私は少し驚いた。


まさか信じてくれるとは思っていなかったからだ。


しかし幹部達の言葉に下っ端達は更にざわついていた。


そのうちの下っ端の1人が煉に1つの疑問をぶつけた。



「煉さん!なんで、この女の言っていることが本当だと思うんすか?」



「…コイツの…緋莉の目を見ればわかるからだ。」



「…わかりました!俺は煉さんの言うことを信じます!」



その言葉に他の下っ端達も同じことを思ったらしく、同意の声が沢山聞こえた。


私の目からは知らぬ間に涙が溢れていた。


それに気付いた煉が自分の服で涙を拭ってくれた。



「さて、ここからが本題だ!俺は緋莉を刃龍の姫にしたいと思っている!皆はどうだ?」



煉の言葉に皆が拍手をする。


煉はニッと笑い私の方を向く。



「緋莉、刃龍の姫になってくれるか?」



「…私は…。私は姫にはなりません!」



煉以外のメンバーはポカーンとしている。



「じゃあ、ここを出て行くのか?」



「ううん。煉、お願いがあるの。」



「なんだ?」



「私を下っ端にしてほしいの!」



その言葉に、とうとう煉もポカーンとした。



「皆…私、氷蓮に仕返しをしたい!でも私は喧嘩をしたことは一度も無い…。

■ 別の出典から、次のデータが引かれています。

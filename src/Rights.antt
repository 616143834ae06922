-- ===== src/Rights.antt =====
-- Capabilities and roles: agent_role_default_caps, agent_default_sched_priority and _quota,
-- agent_proc_cap_set and agent_proc_role_set of kernel/agent.c.
pub mod Bits
pub mod Monotone
use Prim.Native.Nat.{bit_and, bit_or}
use aaaos_renovation_agent_o.Prelude.{
  ℕ, zero, suc, ◌-◌, ◌^◌, Bool, true, ◌||◌, not, List, [], ◌∷◌, ltb_ℤ, ◌==◌, if◌then◌else◌, ℤ, pos,
  negsuc,
}
use aaaos_renovation_agent_o.Proc.{
  Status, ok, bad_param, not_agent, permission, Proc, is_normal, cap_all, cap_query_process,
  cap_query_file, cap_read_file, cap_patch_file, cap_send_message, cap_watch_file,
  cap_register_tool, cap_sched_config, cap_lease_acquire, cap_workflow_ctrl, cap_audit_read,
  role_planner, role_tool_service, agent_type_primary, agent_type_worker, sched_priority_min,
}

-- `a | b | …`
abbrev pub union : List ℕ → ℕ
union [] = 0
union (c ∷ cs) = bit_or c (union cs)

-- `a & ~b` of 64-bit words
unfoldable pub minus : ℕ → ℕ → ℕ
minus a b = bit_and a (2 ^ 64 - 1 - b)

-- agent_role_default_caps
unfoldable pub role_default_caps : ℤ → ℕ
role_default_caps (pos zero) = union (
    cap_query_process ∷ cap_query_file ∷ cap_send_message ∷ cap_workflow_ctrl ∷ cap_sched_config
    ∷ cap_audit_read ∷ [])
role_default_caps (pos (suc zero)) = union (cap_query_file ∷ cap_read_file ∷ cap_send_message ∷ [])
role_default_caps (pos (suc (suc zero))) =
    union (cap_read_file ∷ cap_patch_file ∷ cap_lease_acquire ∷ cap_send_message ∷ [])
role_default_caps (pos (suc (suc (suc zero)))) =
    union (cap_query_file ∷ cap_read_file ∷ cap_send_message ∷ [])
role_default_caps (pos (suc (suc (suc (suc zero))))) =
    union (cap_read_file ∷ cap_watch_file ∷ cap_send_message ∷ cap_query_file ∷ [])
role_default_caps (pos (suc (suc (suc (suc (suc zero)))))) =
    union (cap_register_tool ∷ cap_send_message ∷ [])
role_default_caps _ = 0

-- agent_default_sched_priority
unfoldable pub default_sched_priority : ℕ → ℕ
default_sched_priority type =
    if type == agent_type_primary
    then 5
    else if type == agent_type_worker
    then 3
    else sched_priority_min

-- agent_default_sched_quota
unfoldable pub default_sched_quota : ℕ → ℕ
default_sched_quota type =
    if type == agent_type_primary then 4 else if type == agent_type_worker then 2 else 0

abbrev pub with_caps : Proc → ℕ → Proc
with_caps p caps = record p { ident = record p.ident { agent_capabilities = caps } }

-- agent_proc_cap_set
unfoldable pub cap_set : Proc → ℕ → Status × Proc
cap_set p caps =
    if is_normal p
    then (not_agent, p)
    else if not (minus caps cap_all == 0)
    then (bad_param, p)
    else if not (minus caps p.agent_capabilities == 0)
    then (permission, p)
    else (ok, with_caps p caps)

-- agent_proc_role_set
unfoldable pub role_set : Proc → ℤ → Status × Proc
role_set p role =
    if is_normal p
    then (not_agent, p)
    else if ltb_ℤ role role_planner || ltb_ℤ role_tool_service role
    then (bad_param, p)
    else if p.agent_role_locked
    then (permission, p)
    else (
      ok,
      record p {
        ident = record p.ident {
          agent_role = role;
          agent_capabilities = role_default_caps role;
          agent_role_locked = true;
        };
      },
    )
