-- ===== src/Workflow.antt =====
-- The workflow table agent_global.workflows: the agent_workflow_ functions and
-- agent_cascade_terminate of kernel/agent.c.
pub mod Counters
pub mod Find
pub mod Inv
pub mod Members
pub mod Cascade
use aaaos_renovation_agent_o.Prelude.{
  ℕ, suc, ◌+◌, ◌-◌, Bool, true, false, not, ◌&&◌, ◌||◌, Option, none, some, List, [], ◌∷◌, ltb, leb,
  ◌==◌, if◌then◌else◌, pos, get_elem?, has_bit, set_bit,
}
use aaaos_renovation_agent_o.Proc.{
  Status, ok, bad_param, not_agent, no_space, busy, permission, service_gone, Proc, Workflow,
  WorkflowState, wf_unused, wf_active, wf_terminating, wf_dead, Metrics, workflow_member_max,
  cap_workflow_ctrl, event_parent_gone, is_agent, is_normal, is_sleeping, is_ok, loop_done,
  runnable,
}

abbrev pub no_metrics : Metrics
no_metrics = record {
  tool_calls = 0;
  syscalls = 0;
  messages_received = 0;
  query_file_calls = 0;
  files_scanned = 0;
  index_scanned = 0;
  files_read = 0;
  bytes_read = 0;
  cache_hits = 0;
  cache_misses = 0;
  duplicate_queries = 0;
  wait_calls = 0;
  wait_ticks = 0;
}

-- A slot after memset
abbrev pub blank : Workflow
blank = record {
  used = false;
  workflow_id = 0;
  leader_pid = 0;
  leader_generation = 0;
  state = wf_unused;
  member_count = 0;
  terminate_tick = 0;
  metrics = no_metrics;
}

abbrev pub is_terminating : WorkflowState → Bool
is_terminating wf_terminating = true
is_terminating _ = false

abbrev pub is_active : WorkflowState → Bool
is_active wf_active = true
is_active _ = false

-- The test of agent_workflow_find_locked
unfoldable pub is_workflow : ℕ → ℕ → Workflow → Bool
is_workflow id gen w = w.used && w.workflow_id == id && w.leader_generation == gen

-- agent_workflow_find_locked
unfoldable pub find : ℕ → ℕ → List Workflow → Option Workflow
find id gen [] = none
find id gen (w ∷ ws) = elim (is_workflow id gen w) [ true ↦ some w | false ↦ find id gen ws ]

-- An assignment through the pointer that agent_workflow_find_locked returns
unfoldable pub update : ℕ → ℕ → (Workflow → Workflow) → List Workflow → List Workflow
update id gen f [] = []
update id gen f (w ∷ ws) = elim (is_workflow id gen w) [
  | true ↦ f w ∷ ws
  | false ↦ w ∷ update id gen f ws
]

-- The loop for a free slot; `none` where every slot is used.
unfoldable pub place : Workflow → List Workflow → Option (List Workflow)
place new [] = none
place new (w ∷ ws) = elim w.used [
  | false ↦ some (new ∷ ws)
  | true ↦ elim (place new ws) [ none ↦ none | some ws' ↦ some (w ∷ ws') ]
]

-- The workflow that agent_workflow_create_locked writes
abbrev pub fresh : Proc → Workflow
fresh p = record {
  used = true;
  workflow_id = p.workflow_id;
  leader_pid = p.workflow_leader_pid;
  leader_generation = p.workflow_leader_generation;
  state = wf_active;
  member_count = 1;
  terminate_tick = 0;
  metrics = no_metrics;
}

abbrev pub placed : List Workflow → Option (List Workflow) → Status × List Workflow
placed ws none = (no_space, ws)
placed ws (some ws') = (ok, ws')

-- One more member, and the leader's pid
abbrev pub enter : ℕ → Workflow → Workflow
enter leader w = record w { leader_pid = leader; member_count = w.member_count + 1 }

-- agent_workflow_create_locked
unfoldable pub workflow_create : Proc → List Workflow → Status × List Workflow
workflow_create p ws = elim (find p.workflow_id p.workflow_leader_generation ws) [
  | some w ↦
      if is_terminating w.state
      then (busy, ws)
      else (ok, update p.workflow_id p.workflow_leader_generation (enter p.workflow_leader_pid) ws)
  | none ↦ placed ws (place (fresh p) ws)
]

-- No workflow: `workflow_id == 0 || leader_generation == 0`
abbrev pub no_workflow : Proc → Bool
no_workflow p = p.workflow_id == 0 || p.workflow_leader_generation == 0

abbrev pub join_found : Workflow → Proc → List Workflow → Status × List Workflow
join_found w p ws =
    if is_terminating w.state
    then (busy, ws)
    else if leb workflow_member_max w.member_count
    then (no_space, ws)
    else (
      ok,
      update p.workflow_id p.workflow_leader_generation
          (λ w. record w { member_count = w.member_count + 1 }) ws,
    )

-- agent_workflow_join_locked
unfoldable pub workflow_join : Proc → List Workflow → Status × List Workflow
workflow_join p ws =
    if no_workflow p then (ok, ws) else elim (find p.workflow_id p.workflow_leader_generation ws) [
      | none ↦ (service_gone, ws)
      | some w ↦ join_found w p ws
    ]

abbrev pub terminate_found : Workflow → ℕ → ℕ → ℕ → List Workflow → Status × List Workflow
terminate_found w id gen now ws =
    if is_terminating w.state
    then (ok, ws)
    else if not (is_active w.state)
    then (service_gone, ws)
    else (ok, update id gen (λ w. record w { state = wf_terminating; terminate_tick = now }) ws)

-- agent_workflow_begin_terminate_locked
unfoldable pub begin_terminate : ℕ → ℕ → ℕ → List Workflow → Status × List Workflow
begin_terminate id gen now ws = elim (find id gen ws) [
  | none ↦ (service_gone, ws)
  | some w ↦ terminate_found w id gen now ws
]

-- One member less; the last one frees the slot.
unfoldable pub drop_member : Workflow → Workflow
drop_member w =
    if leb (w.member_count - 1) 0 then blank else record w { member_count = w.member_count - 1 }

-- agent_workflow_leave
unfoldable pub workflow_leave : Proc → List Workflow → Proc × List Workflow
workflow_leave p ws = if not p.workflow_member_registered || no_workflow p then (p, ws) else (
  record p { ident = record p.ident { workflow_member_registered = false } },
  update p.workflow_id p.workflow_leader_generation drop_member ws,
)

-- What agent_cascade_terminate does to a member
unfoldable pub terminate_member : ℕ → Proc → Proc
terminate_member now p = record p {
  killed = true;
  loop_state = loop_done;
  ev = record p.ev {
    heartbeat_interval = pos 0;
    heartbeat_deadline = 0;
    watch_mask = 0;
    pending_events = set_bit event_parent_gone p.pending_events;
    last_wakeup_reason = event_parent_gone;
    wakeup_tick = now;
    wait_deadline = 0;
    watch_dev = 0;
    watch_inum = 0;
    watch_path = [];
  };
  state = if is_sleeping p.state then runnable else p.state;
}

-- A live Agent of the workflow
unfoldable pub is_member : ℕ → ℕ → Proc → Bool
is_member id gen p = is_agent p && p.workflow_id == id && p.workflow_leader_generation == gen

-- What becomes of the process at an index of the table
unfoldable pub fate : ℕ → ℕ → ℕ → Bool → ℕ → ℕ → Proc → Proc
fate id gen now include_leader leader i p =
    if is_member id gen p && (include_leader || not (i == leader))
    then terminate_member now p
    else p

-- The loop over the process table; `i` is the index of its first process, `leader` that of the leader.
unfoldable pub terminate_members : ℕ → ℕ → ℕ → Bool → ℕ → ℕ → List Proc → List Proc
terminate_members id gen now include_leader leader i [] = []
terminate_members id gen now include_leader leader i (p ∷ ps) =
    fate id gen now include_leader leader i p
    ∷ terminate_members id gen now include_leader leader (i + 1) ps

abbrev pub is_service_gone : Status → Bool
is_service_gone service_gone = true
is_service_gone _ = false

unfoldable pub cascade_from :
    Proc → ℕ → Bool → ℕ → List Proc → List Workflow → Status × List Proc × List Workflow
cascade_from p leader include_leader now procs ws =
    if is_normal p
    then (not_agent, procs, ws)
    else if not p.is_workflow_leader && not (has_bit cap_workflow_ctrl p.agent_capabilities)
    then (permission, procs, ws)
    else if no_workflow p
    then (bad_param, procs, ws)
    else let (r, ws') = begin_terminate p.workflow_id p.workflow_leader_generation now ws in
      if not (is_ok r) && not (is_service_gone r) then (r, procs, ws') else (
        ok,
        terminate_members p.workflow_id p.workflow_leader_generation now include_leader leader 0
            procs,
        ws',
      )

-- agent_cascade_terminate; the leader is an index of the process table, `none` for a null pointer.
unfoldable pub cascade_terminate :
    Option ℕ → Bool → ℕ → List Proc → List Workflow → Status × List Proc × List Workflow
cascade_terminate none include_leader now procs ws = (not_agent, procs, ws)
cascade_terminate (some leader) include_leader now procs ws = elim (get_elem? procs leader) [
  | none ↦ (not_agent, procs, ws)
  | some p ↦ cascade_from p leader include_leader now procs ws
]
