-- ===== src/Lifecycle.antt =====
-- The life of an Agent: agent_init_proc, agent_next_identity, agent_after_fork, agent_after_exec,
-- agent_mark_current and agent_get_info of kernel/agent.c.
pub mod Fork
pub mod Mark
pub mod Requests
use Prim.Native.Nat.{bit_or}
use aaaos_renovation_agent_o.Prelude.{
  ℕ, zero, suc, ◌+◌, ◌-◌, ◌*◌, ◌/◌, Bool, true, false, not, ◌&&◌, ◌||◌, Option, none, some, List,
  [], ◌∷◌, ltb, leb, ◌==◌, if◌then◌else◌, ℤ, pos, negsuc, pos_part, ltb_ℤ, leb_ℤ, u64, replicate,
}
use aaaos_renovation_agent_o.Proc.{
  Status, ok, Proc, Dep, Context, Identity, Sched, Events, is_ok, loop_idle, loop_ready, role_unset,
  role_planner, agent_type_normal, agent_type_primary, cap_all, cap_query_process, cap_query_file,
  cap_read_file, cap_send_message, context_region_bytes, context_header_bytes, guard_bytes,
  LoopState, context_max_nodes, digest_max, default_priority, sched_priority_min,
  replenish_interval, Workflow, WheelLink,
}
use aaaos_renovation_agent_o.Mailbox
use aaaos_renovation_agent_o.Digest
use aaaos_renovation_agent_o.Region.{
  Region, zero_header, no_dep, no_deps, no_digests, context_clear,
}
use aaaos_renovation_agent_o.Rights.{default_sched_priority, default_sched_quota, union}
use aaaos_renovation_agent_o.Workflow.{workflow_create, workflow_join, workflow_leave}

-- agent_next_identity: the generation that is handed out, which is the counter after it. It is never
-- 0.
unfoldable pub next_identity : ℕ → ℕ
next_identity n = if u64 (n + 1) == 0 then 1 else u64 (n + 1)

-- A Context with no nodes, in the region that is given
unfoldable pub empty_context : ℕ → ℕ → ℕ → Context
empty_context region_start region_size generation = record {
  region_start = region_start;
  region_size = region_size;
  path_len = 0;
  node_count = 0;
  dropped_nodes = 0;
  offsets = replicate context_max_nodes 0;
  lengths = replicate context_max_nodes 0;
  deps = no_deps;
  pending = no_dep;
  generation = generation;
  first_sequence = 0;
  next_sequence = 1;
  digests = replicate digest_max Digest.blank;
  digest_head = 0;
  digest_count = 0;
  last_query = 0;
  reuse_hit = 0;
}

-- No watch, no event, no heartbeat and no wait
abbrev pub no_events : Events
no_events = record {
  heartbeat_interval = pos 0;
  heartbeat_deadline = 0;
  watch_mask = 0;
  pending_events = 0;
  last_wakeup_reason = 0;
  wakeup_tick = 0;
  watch_dev = 0;
  watch_inum = 0;
  watch_path = [];
  wait_generation = 0;
  wait_timeout_ticks = pos 0;
  wait_deadline = 0;
}

abbrev pub no_link : WheelLink
no_link = record { next = 0; bucket = negsuc 0; active = false }

-- The scheduling fields with nothing spent and nothing to spend
abbrev pub fresh_sched : ℕ → ℕ → ℕ → Sched
fresh_sched agent_priority sched_priority quota = record {
  agent_priority = agent_priority;
  sched_priority = sched_priority;
  sched_quota = quota;
  sched_budget = 0;
  sched_boost = 0;
  sched_vruntime = 0;
  sched_last_run = 0;
  budget_penalty = 0;
  replenish_deadline = 0;
  runnable_since = 0;
}

abbrev pub no_identity : Identity
no_identity = record {
  agent_type = agent_type_normal;
  agent_role = role_unset;
  agent_role_locked = false;
  agent_group = 0;
  agent_capabilities = 0;
  workflow_id = 0;
  workflow_leader_pid = 0;
  workflow_leader_generation = 0;
  agent_parent_pid = 0;
  agent_parent_generation = 0;
  is_workflow_leader = false;
  workflow_member_registered = false;
  identity_generation = 0;
}

-- agent_init_proc
unfoldable pub init_proc : Proc → Proc
init_proc p = record p {
  resource_quota = context_region_bytes - context_header_bytes;
  loop_state = loop_idle;
  ident = no_identity;
  sched = fresh_sched default_priority sched_priority_min 0;
  ev = no_events;
  wheel = no_link;
  mailbox = Mailbox.empty;
  ctx = empty_context 0 0 1;
}

-- What a child takes from its parent. `id` is its identity generation.
unfoldable pub fork_identity : Proc → ℕ → Identity
fork_identity src id = record no_identity {
  agent_type = src.agent_type;
  agent_group = src.agent_group;
  workflow_id = src.workflow_id;
  workflow_leader_pid = src.workflow_leader_pid;
  workflow_leader_generation = src.workflow_leader_generation;
  agent_parent_pid = src.pid;
  agent_parent_generation = src.identity_generation;
  identity_generation = id;
}

-- The child before it joins the workflow
unfoldable pub fork_proc : Proc → Proc → ℕ → Proc
fork_proc dst src id = record dst {
  resource_quota = src.resource_quota;
  loop_state = loop_idle;
  ident = fork_identity src id;
  sched = fresh_sched src.agent_priority src.sched_priority src.sched_quota;
  ev = no_events;
  wheel = no_link;
  mailbox = Mailbox.empty;
  ctx = empty_context src.ctx.region_start src.ctx.region_size (u64 (src.ctx.generation + 1));
}

-- A member that is counted
abbrev pub registered : Proc → Proc
registered p = record p { ident = record p.ident { workflow_member_registered = true } }

-- The child after agent_workflow_join_locked: a member, or killed
unfoldable pub join_or_kill : Proc → Status → Proc
join_or_kill p s = if is_ok s then registered p else record p { killed = true }

-- agent_after_fork. The state is the identity counter and the workflow table.
unfoldable pub after_fork : Proc → Proc → ℕ → List Workflow → Proc × ℕ × List Workflow
after_fork dst src ids ws =
    let id = next_identity ids in
    let p = fork_proc dst src id in
    let (s, ws') = workflow_join p ws in
    if not (p.workflow_id == 0) && not (p.workflow_leader_generation == 0)
    then (join_or_kill p s, id, ws')
    else (p, id, ws)

-- agent_after_exec
unfoldable pub after_exec : Proc → Proc
after_exec p = record p { ctx = empty_context 0 0 0 }

-- PGROUNDUP
unfoldable pub round_up : ℕ → ℕ
round_up sz = (sz + 4095) / 4096 * 4096

-- The region that uvmalloc gives: pages of zeros
abbrev pub new_region : Region
new_region = record {
  mapped = true;
  header = zero_header;
  path = replicate (context_region_bytes - context_header_bytes) 0;
}

-- The region of agent_mark_current: the one there is, or a new one with a guard page behind it. `maps`
-- is whether uvmalloc succeeds; none is the -1 where it does not.
unfoldable pub mark_region : Proc → Region → Bool → Option (Proc × Region)
mark_region p r maps =
    let start = round_up p.sz in
    if not (p.ctx.region_start == 0)
    then some (p, r)
    else if maps
    then some (
      record p {
        sz = start + context_region_bytes + guard_bytes;
        ctx = record p.ctx { region_start = start; region_size = context_region_bytes };
      },
      new_region,
    )
    else none

-- `type <= AGENT_TYPE_NORMAL` stands for the primary type.
unfoldable pub mark_type : ℤ → ℕ
mark_type t = if leb_ℤ t (pos 0) then agent_type_primary else pos_part t

-- The rights of a new Agent
unfoldable pub mark_caps : ℕ → ℕ
mark_caps type =
    if type == agent_type_primary
    then cap_all
    else union (cap_query_process ∷ cap_query_file ∷ cap_read_file ∷ cap_send_message ∷ [])

-- The identity before the workflow is entered
unfoldable pub mark_identity : Proc → ℕ → ℕ → Identity
mark_identity p type id = record p.ident {
  agent_type = type;
  agent_role = if type == agent_type_primary then role_planner else role_unset;
  agent_role_locked = type == agent_type_primary;
  agent_group = if type == agent_type_primary || p.agent_group == 0 then p.pid else p.agent_group;
  agent_capabilities = mark_caps type;
  identity_generation = id;
}

unfoldable pub mark_sched : Proc → ℕ → ℕ → Sched
mark_sched p type now = record p.sched {
  agent_priority = if leb p.agent_priority 0 then default_priority else p.agent_priority;
  sched_priority = default_sched_priority type;
  sched_quota = default_sched_quota type;
  sched_budget = default_sched_quota type;
  sched_boost = 0;
  sched_vruntime = 0;
  sched_last_run = 0;
  budget_penalty = 0;
  replenish_deadline = if ltb 0 (default_sched_quota type) then now + replenish_interval else 0;
}

-- The generation of its identity: the old one, or a new one for a process that has none
abbrev pub identity_of : Proc → ℕ → ℕ
identity_of p ids = if p.identity_generation == 0 then next_identity ids else p.identity_generation

abbrev pub counter_after : Proc → ℕ → ℕ
counter_after p ids = if p.identity_generation == 0 then next_identity ids else ids

-- The assignments up to the workflow
unfoldable pub mark_fields : Proc → ℕ → ℤ → ℕ → ℕ → ℕ → Proc
mark_fields p type interval quota ids now = record p {
  resource_quota = quota;
  loop_state = loop_ready;
  ident = mark_identity p type (identity_of p ids);
  sched = mark_sched p type now;
  ev = record no_events {
    heartbeat_interval = interval;
    heartbeat_deadline = if ltb_ℤ (pos 0) interval then now + pos_part interval else 0;
  };
  mailbox = Mailbox.empty;
}

-- The leader of a workflow of its own
abbrev pub own_workflow : Bool → Proc → Proc
own_workflow leads p = record p {
  ident = record p.ident {
    workflow_id = p.pid;
    workflow_leader_pid = p.pid;
    workflow_leader_generation = p.identity_generation;
    agent_parent_pid = 0;
    agent_parent_generation = 0;
    is_workflow_leader = leads;
  };
}

-- `p->workflow_member_registered`
unfoldable pub is_registered : Proc → Bool
is_registered p = p.workflow_member_registered

-- `if(!registered && create == OK) registered = 1`
unfoldable pub create_own : Proc → List Workflow → Proc × List Workflow
create_own p ws =
    let (s, ws') = workflow_create p ws in
    if is_registered p then (p, ws) else (if is_ok s then registered p else p, ws')

-- A primary Agent leaves the workflow it was a member of, and leads its own.
unfoldable pub enter_as_primary : Proc → List Workflow → Proc × List Workflow
enter_as_primary p ws =
    let (q, ws') = if is_registered p then workflow_leave p ws else (p, ws) in
    create_own (own_workflow true q) ws'

-- The join of another Agent: a refusal is the -1 of agent_mark_current.
unfoldable pub join_given : Proc → List Workflow → Bool × Proc × List Workflow
join_given p ws =
    let (s, ws') = workflow_join p ws in
    if is_registered p
    then (true, p, ws)
    else if is_ok s
    then (true, registered p, ws')
    else (false, p, ws')

-- Another Agent stays in the workflow it was forked into, or has its own.
unfoldable pub enter_as_worker : Proc → List Workflow → Bool × Proc × List Workflow
enter_as_worker p ws =
    let q : Proc = record p { ident = record p.ident { is_workflow_leader = false } } in
    let (o, ws') = create_own (own_workflow false q) ws in
    if q.workflow_id == 0 || q.workflow_leader_generation == 0
    then (true, o, ws')
    else join_given q ws

-- The workflow part of agent_mark_current
unfoldable pub enter_workflow : Proc → List Workflow → Bool × Proc × List Workflow
enter_workflow p ws =
    let (q, ws') = enter_as_primary p ws in
    if p.agent_type == agent_type_primary then (true, q, ws') else enter_as_worker p ws

-- The Context part of agent_mark_current
unfoldable pub mark_context : Proc → Region → ℕ → Proc × Region
mark_context p r now =
    let c : Context = record (no_digests p.ctx) {
      generation = 1;
      first_sequence = 0;
      next_sequence = 1;
      last_query = 0;
      reuse_hit = 0;
    } in
    let (c', r') = context_clear c r now in (record p { ctx = c' }, r')

-- What agent_mark_current does between its two calls of the wheel, on a process whose region is
-- there: whether it goes on, and the process, the identity counter, the workflows and the region.
unfoldable pub mark_proc :
    Proc → Region → ℤ → ℤ → ℕ → ℕ → ℕ → List Workflow → Bool × Proc × ℕ × List Workflow × Region
mark_proc p r type interval quota ids now ws =
    let (goes_on, q, ws') =
      enter_workflow (mark_fields p (mark_type type) interval quota ids now) ws in
    let (q', r') = mark_context q r now in
    if goes_on
    then (true, q', counter_after p ids, ws', r')
    else (false, q, counter_after p ids, ws', r)

-- agent_get_info
pub record Info : Type 0 where
  pub context_start : ℕ
  pub context_size : ℕ
  pub agent_type : ℕ
  pub heartbeat_interval : ℤ
  pub resource_quota : ℕ
  pub loop_state : LoopState
  pub context_path_len : ℕ
  pub context_node_count : ℕ
  pub dropped_nodes : ℕ
  pub agent_priority : ℕ
  pub agent_group : ℕ
  pub sched_priority : ℕ
  pub sched_quota : ℕ
  pub sched_budget : ℕ
  pub agent_capabilities : ℕ
  pub mailbox_count : ℕ
  pub mailbox_dropped : ℕ

unfoldable pub get_info : Proc → Info
get_info p = record {
  context_start = p.ctx.region_start;
  context_size = p.ctx.region_size;
  agent_type = p.agent_type;
  heartbeat_interval = p.heartbeat_interval;
  resource_quota = p.resource_quota;
  loop_state = p.loop_state;
  context_path_len = p.ctx.path_len;
  context_node_count = p.ctx.node_count;
  dropped_nodes = p.ctx.dropped_nodes;
  agent_priority = p.agent_priority;
  agent_group = p.agent_group;
  sched_priority = p.sched_priority;
  sched_quota = p.sched_quota;
  sched_budget = p.sched_budget;
  agent_capabilities = p.agent_capabilities;
  mailbox_count = p.mailbox.count;
  mailbox_dropped = p.mailbox.dropped;
}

だから喧嘩を教えてほしいの!皆の力を沢山借りることになると思うけど…私はどうしても仕返しがしたい!氷蓮が許せない!だから…下っ端として仲間にしてください!お願いします!」



シーンと静まり返る。


すると煉が笑い出した。



「ふっ…、あははははは!!緋莉!お前、面白すぎるぞ!気に入った!お前は今日から刃龍の仲間だ!お前ら、いいよな!!」



その言葉に皆が騒ぎ出す。


笑ってる人も居る。


拍手をしてる人も居る。


私はニコッと笑った。



「お前ら!今日はこれで解散だ!幹部と姫は少し残れ。」



煉に言われ、幹部と姫が残った。


それぞれ自己紹介をし、私と煉はアパートに帰った。